Like many dads, Rabbi Dov Wagner of Chabad at USC positioned himself at the grill on Father’s Day, but he and his wife Runya were hosting a family affair far different from most patriarchal backyard barbecues. Under the smiling Southern California sun, the Wagners welcomed 70 USC Trojans and their families to an end of year barbecue. The Wagners dished out barbecue fare and renewed ties with Jewish students past and present.
Erica Solomon, a dental hygienist who graduated USC in 2000, kept an eye on her three sons, Dovie, 6, Eli, 4, and Mendel Solomon, 1, dressed up in USC’s cardinal red, as they scampered around the front yard of the Jewish Center’s converted fraternity house. The Wagners started up their Chabad just as Solomon was graduating. “In the very short time the Wageners have been here, they’ve done tons of events,” said Solomon. “Before they came Jewish life on campus was almost non-existent.”
As Trojans past and present sipped pina colodas and chowed down on saucy barbecued chicken, the Wagners caught up with alumni. “After spending several years with us, they move on and it’s hard to come up with a time to get together as often as we’d like,” said Rabbi Wagner. “It’s important to maintain the connection we developed.”
This was the first affair that Chabad hosted specifically for alumni, but the Wagners have been keeping in touch with graduates all along. “Whenever we have a break, we try to get together with alumni,” said Wagner. “When we go to New York in the summer we will be meeting some alumni for dinner in Manhattan.”
The Wagners’ impact has led a few students down the aisle. One couple, who got to know each other through Chabad, has summer wedding plans. Another pair who became close at Chabad were busy discussing engagement ring shopping tips as they munched on hot dogs. Other USC alums passed around the babies who were designated Trojans in training. “It was nice to see that the people who came did not use Chabad just as a free place to get lunch,” said Solomon. “They wanted to stay connected with Chabad.”
Midway through the event, the guests were entertained by the Wagners’ homemade slide show of Chabad events.

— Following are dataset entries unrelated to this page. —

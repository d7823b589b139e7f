-- ===== src/Tests/Fixtures.antt =====
-- Logins, webhook events, segments and posts of the small tenant.
use tool_messager.Prelude.{Option, Text, [], codes, false, none, pos, some, true, ◌∷◌}
use tool_messager.Shared.{Platform, supported}
use tool_messager.Platform.{Adapter}
use tool_messager.Zalo.{ZaloApi, ZaloRawOaInfo, network_error, replied, text}
use tool_messager.Store.{
  Contact, Credential, Db, OauthState, Post, Segment, SocialAccount, limited, published,
}
use tool_messager.Accounts.{OauthEnv}
use tool_messager.Accounts.Oauth.{OauthCallback}
use tool_messager.Accounts.Intake.{IntakeEnv, ZaloWebhookPayload}
use tool_messager.Contacts.{SuppressionInput}
use tool_messager.Campaigns.Creation.{CreateCampaign}
use tool_messager.Tests.Samples.{account, contact, quiet_db}
use tool_messager.Tests.Situations.{zalo_env}

abbrev pub intake_env : IntakeEnv
intake_env = record {
  oa_secret_key = [];
  client_secret = codes "s";
  client_id = codes "id";
  setup_mode = false;
  hash = λ t. codes "h";
  queue_up = true;
}

abbrev pub unfollow_payload : ZaloWebhookPayload
unfollow_payload = record {
  app_id = some (text (codes "id"));
  oa_id = some (text (codes "oa"));
  event_name = some (codes "user_unfollow");
  timestamp = some (text (codes "1000"));
  sender_id = some (text (codes "u6"));
  sender_name = none;
  recipient_id = none;
  recipient_name = none;
  msg_id = none;
  msg_text = none;
}

abbrev pub raw_body : Option Text
raw_body = some (codes "b")

abbrev pub signature : Option Text
signature = some (codes "mac=h")

abbrev raw_info : ZaloRawOaInfo
raw_info = record {
  oaid = some (text (codes "oa"));
  oa_id = none;
  name = some (codes "OA");
  oa_alias = none;
  avatar = none;
  cover = none;
  description = none;
  is_verified = none;
  oa_type = none;
  cate_name = none;
  num_follower = none;
  package_name = none;
  package_valid_through_date = none;
  package_auto_renew_date = none;
  linked_upper_zca = none;
  linked_zca = none;
}

abbrev pub answering_api : ZaloApi
answering_api = record {
  oa = λ r. replied 200 (some (record { content = some raw_info; error = some (pos 0) }));
  advisory = λ r. network_error;
  tokens = λ r. replied 200 (
      some (record {
        access_token = some (codes "at");
        refresh_token = some (codes "rt");
        expires_in = some (text (codes "3600"));
        error = none;
        error_name = none;
      }));
}

abbrev pub oauth_env : OauthEnv
oauth_env = record {
  zalo = zalo_env;
  api = answering_api;
  hash = λ t. t;
  challenge = λ t. t;
  encrypt = λ t. t;
  decrypt = λ t. some t;
  with_oauth_state = λ u s. some u;
}

abbrev login_state : OauthState
login_state = record {
  id = 70;
  platform = Platform.zalo;
  state_hash = codes "st";
  encrypted_code_verifier = codes "v";
  redirect_uri = codes "https://a.b";
  workspace_id = 1;
  user_id = 2;
  expires_at = 1000;
  used_at = none;
  created_at = 10;
}

abbrev pub login_db : Db
login_db = record quiet_db { oauth_states = login_state ∷ [] }

abbrev pub callback : OauthCallback
callback = record {
  auth_code = some (codes "c");
  oa_id = none;
  state = some (codes "st");
  oauth_state = none;
  error = none;
}

abbrev pub sealed_credential : Credential
sealed_credential = record {
  encrypted_access_token = codes "sealed";
  encrypted_refresh_token = some (codes "r");
  token_version = 1;
}

-- An account that an administrator has paused.
abbrev pub limited_account : SocialAccount
limited_account = record account { status = limited; credential = some sealed_credential }

abbrev pub limited_db : Db
limited_db = record quiet_db { accounts = limited_account ∷ [] }

abbrev pub user_entry : SuppressionInput
user_entry = record {
  platform = some Platform.zalo;
  platform_user_id = some (codes "u6");
  phone = none;
}

abbrev pub sourced_contact : Contact
sourced_contact = record contact { source = some (codes "S") }

abbrev pub everybody : Segment
everybody = record {
  id = 40;
  workspace_id = 1;
  name = codes "All";
  filter = record {
    platform = some Platform.zalo;
    consent_status = none;
    suppressed = none;
    tag_id = none;
    source = none;
    search = none;
  };
  estimated_size = 0;
  last_evaluated = none;
}

abbrev pub segment_db : Db
segment_db = record quiet_db { contacts = sourced_contact ∷ []; segments = everybody ∷ [] }

abbrev pub segment_input : CreateCampaign
segment_input = record {
  account_id = 5;
  template_id = 7;
  promotional = some true;
  contact_ids = none;
  segment_id = some 40;
}

abbrev pub all_capable : Platform → Adapter
all_capable p = record { platform = p; capabilities = λ c. supported; is_configured = true }

-- A post that is published already.
abbrev pub old_post : Post
old_post = record {
  id = 30;
  workspace_id = 1;
  account_id = 5;
  platform = Platform.zalo;
  title = none;
  content = codes "Hi";
  idempotency_key = codes "p";
  status = published;
  scheduled_at = none;
  approved_by = none;
  approved_at = none;
  published_at = some 15;
  deleted_at = none;
}

abbrev pub post_db : Db
post_db = record quiet_db { posts = old_post ∷ [] }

When the screen blazed with snapshots from Chabad’s public menorah lighting that attracted hundreds of students, parents – USC alumni whose children now attend the university – gasped. “They were simply shocked seeing the pictures,” said Wagner. “They knew Chabad was active, but they were shocked by the contrast of what they experienced and what Jewish students now have on campus.”
The reaction to the slide show reflects the change that Chabad has wrought, hand in hand with USC’s push to attract Jewish students on a campus that had developed a hazy reputation of being frosty to Jews.
Although a portion of USC’s land was donated in the late 1800s by Isaias W. Hellman, a German-Jewish banker who was chiefly responsible for the establishment of California’s Farmer and Merchants Bank, there had been several anti-Jewish incidents that set the tone for quiet Jewish student life until recently.
According to an L.A. Times report in 2002, USC’s past includes a longtime president who was rumored to be a Nazi sympathizer, a cross-burning incident on a Jewish fraternity house lawn in 1946, and an uproar in the dentistry school involving alumni accusations that a dean was ‘pro-Jewish.’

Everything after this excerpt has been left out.